-- ===== src/Connections/History.antt =====
-- The connection table under any sequence of calls of connections_service.py.
use lehen.Prelude.{
  ℕ, String, true, Option, List, [], ◌∷◌, ◌≡◌, refl, sym, subst, arith, filter, inl, inr,
  Bool-cases,
}
use lehen.Prelude.Effects.{Result, ok, err}
use lehen.Arcade.{Arcade, select}
use lehen.Hub.{Bytes, Connection, CurrentUser, Mapping, World, Host}
use lehen.Connections.Rows.{is_active, is_empty}
use lehen.Connections.Grant.{grant, revoke, disconnect, is_target}
use lehen.Connections.Cascade.{
  wipe, is_active_on, is_orphaned, revoke_all_for_instance, revoke_for_users_no_longer_authorized,
}
use lehen.Oauth.Tokens.{Network}
use lehen.Connections.Tokens.{TokenIo, get_valid_access_token}
use lehen.Connections.Flow.{complete_grant}
use lehen.Connections.Completing.{complete_grant-IsWellFormed}
use lehen.Connections.Refreshing.{get_valid_access_token-IsWellFormed}
use lehen.Connections.Gates.{granted, new_connection, grant_iff, grant_atomic, grant_inserts}
use lehen.Connections.Revocation.{rows-revoke, revoke_refused, wipe_found_lem}
use lehen.Connections.Orphans.{cascade_found}
use lehen.Connections.Invariant.{
  IsWellFormed, Retires, Retires-mark, map-IsWellFormed, insert-IsWellFormed,
}

disconnect-Retires : (ts : ℕ) → Retires (disconnect ts)
disconnect-Retires ts = record { keys = λ sub i n c h. h; activity = λ sub i ext c h. ground arith }

wipe-Retires : (ts : ℕ) (reason : String) → Retires (wipe ts reason)
unfolding wipe
wipe-Retires ts reason = record {
  keys = λ sub i n c h. h;
  activity = λ sub i ext c h. ground arith;
}

is_empty-nil : {A : Type 0} (xs : List A) → is_empty xs ≡ true → xs ≡ []
is_empty-nil [] h = refl
is_empty-nil (x ∷ xs) h = cc

module _ (arcade : Arcade) (host : Host) (days : ℕ) where
  open arcade use {rows}

  abbrev pub IsSound : World arcade → Type 0
  IsSound w = IsWellFormed (rows w.connections)

  grant-IsSound :
      (user : CurrentUser) (instance_id privacy ext label : String) (request_id : Option String)
      (w : World arcade)
      → IsSound w
      → IsSound (grant arcade host days user instance_id privacy ext label request_id w).1
  grant-IsSound user instance_id privacy ext label request_id w h =
      go (granted arcade host days user instance_id privacy ext label request_id w).0 refl
    where
      go :
          (r : Result Connection)
          → (granted arcade host days user instance_id privacy ext label request_id w).0 ≡ r
          → IsSound (grant arcade host days user instance_id privacy ext label request_id w).1
      go (err e) is_err =
          subst IsSound
            (sym (
              grant_atomic arcade host days user instance_id privacy ext label request_id w is_err))
            h
      go (ok c) is_ok' =
          let inserted =
            (grant_inserts arcade host days user instance_id privacy ext label request_id w
              is_ok').1 in
          let (_, _, _, _, fresh) =
            (grant_iff arcade host days user instance_id privacy ext label request_id w).0
              (rw is_ok' refl) in
          subst (λ t. IsWellFormed (rows t)) (sym inserted)
            (insert-IsWellFormed arcade w
              (new_connection arcade host days user instance_id privacy ext label request_id w) refl
              fresh h)

  revoke-IsSound :
      (user : CurrentUser) (instance_id : String) (ext request_id : Option String)
      (w : World arcade)
      → IsSound w
      → IsSound (revoke arcade host days user instance_id ext request_id w).1
  revoke-IsSound user instance_id ext request_id w h =
      let targets = select arcade (is_target user.sub instance_id ext) w.connections in
      elim (Bool-cases (is_empty targets)) [
        | inl nothing ↦
            rw
              (revoke_refused arcade host days user instance_id ext request_id w
                (is_empty-nil targets nothing))
              h
        | inr something ↦
            subst IsWellFormed
              (sym (rows-revoke arcade host days user instance_id ext request_id w something))
              (map-IsWellFormed _ (rows w.connections)
                (Retires-mark (disconnect (host.clock w.readings)) targets
                  (disconnect-Retires (host.clock w.readings)))
                h)
      ]

  revoke_all-IsSound :
      (instance_id reason : String) (request_id : Option String) (w : World arcade)
      → IsSound w
      → IsSound (revoke_all_for_instance arcade host days instance_id reason request_id w).1
  unfolding revoke_all_for_instance
  revoke_all-IsSound instance_id reason request_id w h =
      let found = select arcade (is_active_on instance_id) w.connections in
      subst IsWellFormed (sym (wipe_found_lem arcade host days reason request_id found w).1) (
        map-IsWellFormed _ (rows w.connections)
          (Retires-mark (wipe (host.clock w.readings) reason) found
            (wipe-Retires (host.clock w.readings) reason))
          h)

  cascade-IsSound :
      (previous new : Mapping) (request_id : Option String) (w : World arcade)
      → IsSound w
      → IsSound (revoke_for_users_no_longer_authorized arcade host days previous new request_id w).1
  unfolding revoke_for_users_no_longer_authorized
  cascade-IsSound previous new request_id w h =
      let found = select arcade is_active w.connections in
      subst IsWellFormed (sym (cascade_found arcade host days previous new request_id found w).1) (
        map-IsWellFormed _ (rows w.connections)
          (Retires-mark (wipe (host.clock w.readings) "revoked-by-siam-change")
            (filter (is_orphaned previous new) found)
            (wipe-Retires (host.clock w.readings) "revoked-by-siam-change"))
          h)

-- The calls that change the table, with their arguments.
pub data Call : Type 0 where
  grant_call : CurrentUser → String → String → String → String → Option String → Call
  revoke_call : CurrentUser → String → Option String → Option String → Call
  revoke_all_call : String → String → Option String → Call
  cascade_call : Mapping → Mapping → Option String → Call
  complete_call : CurrentUser → String → String → String → Option String → Call
  token_call : String → ℕ → ℕ → Call

module _ (arcade : Arcade) (host : Host) (days : ℕ) (network : Network) (io : TokenIo)
    (master_key state_key : Bytes) where
  -- The state after a call, whether it returns or raises.
  pub step : Call → World arcade → World arcade
  step (grant_call user i privacy ext label r) w =
      (grant arcade host days user i privacy ext label r w).1
  step (revoke_call user i ext r) w = (revoke arcade host days user i ext r w).1
  step (revoke_all_call i reason r) w = (revoke_all_for_instance arcade host days i reason r w).1
  step (cascade_call previous new r) w =
      (revoke_for_users_no_longer_authorized arcade host days previous new r w).1
  step (complete_call user i code state r) w =
      (complete_grant arcade host network days master_key state_key user i code state r w).1
  step (token_call id skew now_ts) w =
      (get_valid_access_token arcade host io master_key id skew now_ts w).1

  pub run : List Call → World arcade → World arcade
  run [] w = w
  run (c ∷ cs) w = run cs (step c w)

  step-IsSound :
      (c : Call) (w : World arcade)
      → IsSound arcade host days w
      → IsSound arcade host days (step c w)
  unfolding step
  step-IsSound (grant_call user i privacy ext label r) w h =
      grant-IsSound arcade host days user i privacy ext label r w h
  step-IsSound (revoke_call user i ext r) w h = revoke-IsSound arcade host days user i ext r w h
  step-IsSound (revoke_all_call i reason r) w h = revoke_all-IsSound arcade host days i reason r w h
  step-IsSound (cascade_call previous new r) w h =
      cascade-IsSound arcade host days previous new r w h
  step-IsSound (complete_call user i code state r) w h =
      complete_grant-IsWellFormed arcade host network days master_key state_key user i code state r
        w h
  step-IsSound (token_call id skew now_ts) w h =
      get_valid_access_token-IsWellFormed arcade host io master_key id skew now_ts w h

  -- After any sequence of grants, completed OAuth grants, revocations by a user, revocations by an
  -- admin, SIAM cascades and uses of stored tokens, calls that raise included, a table that had at most one active connection for
  -- each user, instance and mailbox, and at most one row for each user, instance and number,
  -- still has.
  pub run-IsSound :
      (calls : List Call) (w : World arcade)
      → IsWellFormed (arcade.rows w.connections)
      → IsWellFormed (arcade.rows (run calls w).connections)
  unfolding run
  run-IsSound [] w h = h
  run-IsSound (c ∷ cs) w h = run-IsSound cs (step c w) (step-IsSound c w h)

++++++

Reproduce word for word the material above, starting with the line that has "complete_grant-IsWellFormed arcade host" and stopping after the line that has "-- admin, SIAM".

**Output for this task:**
      complete_grant-IsWellFormed arcade host network days master_key state_key user i code state r
        w h
  step-IsSound (token_call id skew now_ts) w h =
      get_valid_access_token-IsWellFormed arcade host io master_key id skew now_ts w h

  -- After any sequence of grants, completed OAuth grants, revocations by a user, revocations by an
  -- admin, SIAM cascades and uses of stored tokens, calls that raise included, a table that had at most one active connection for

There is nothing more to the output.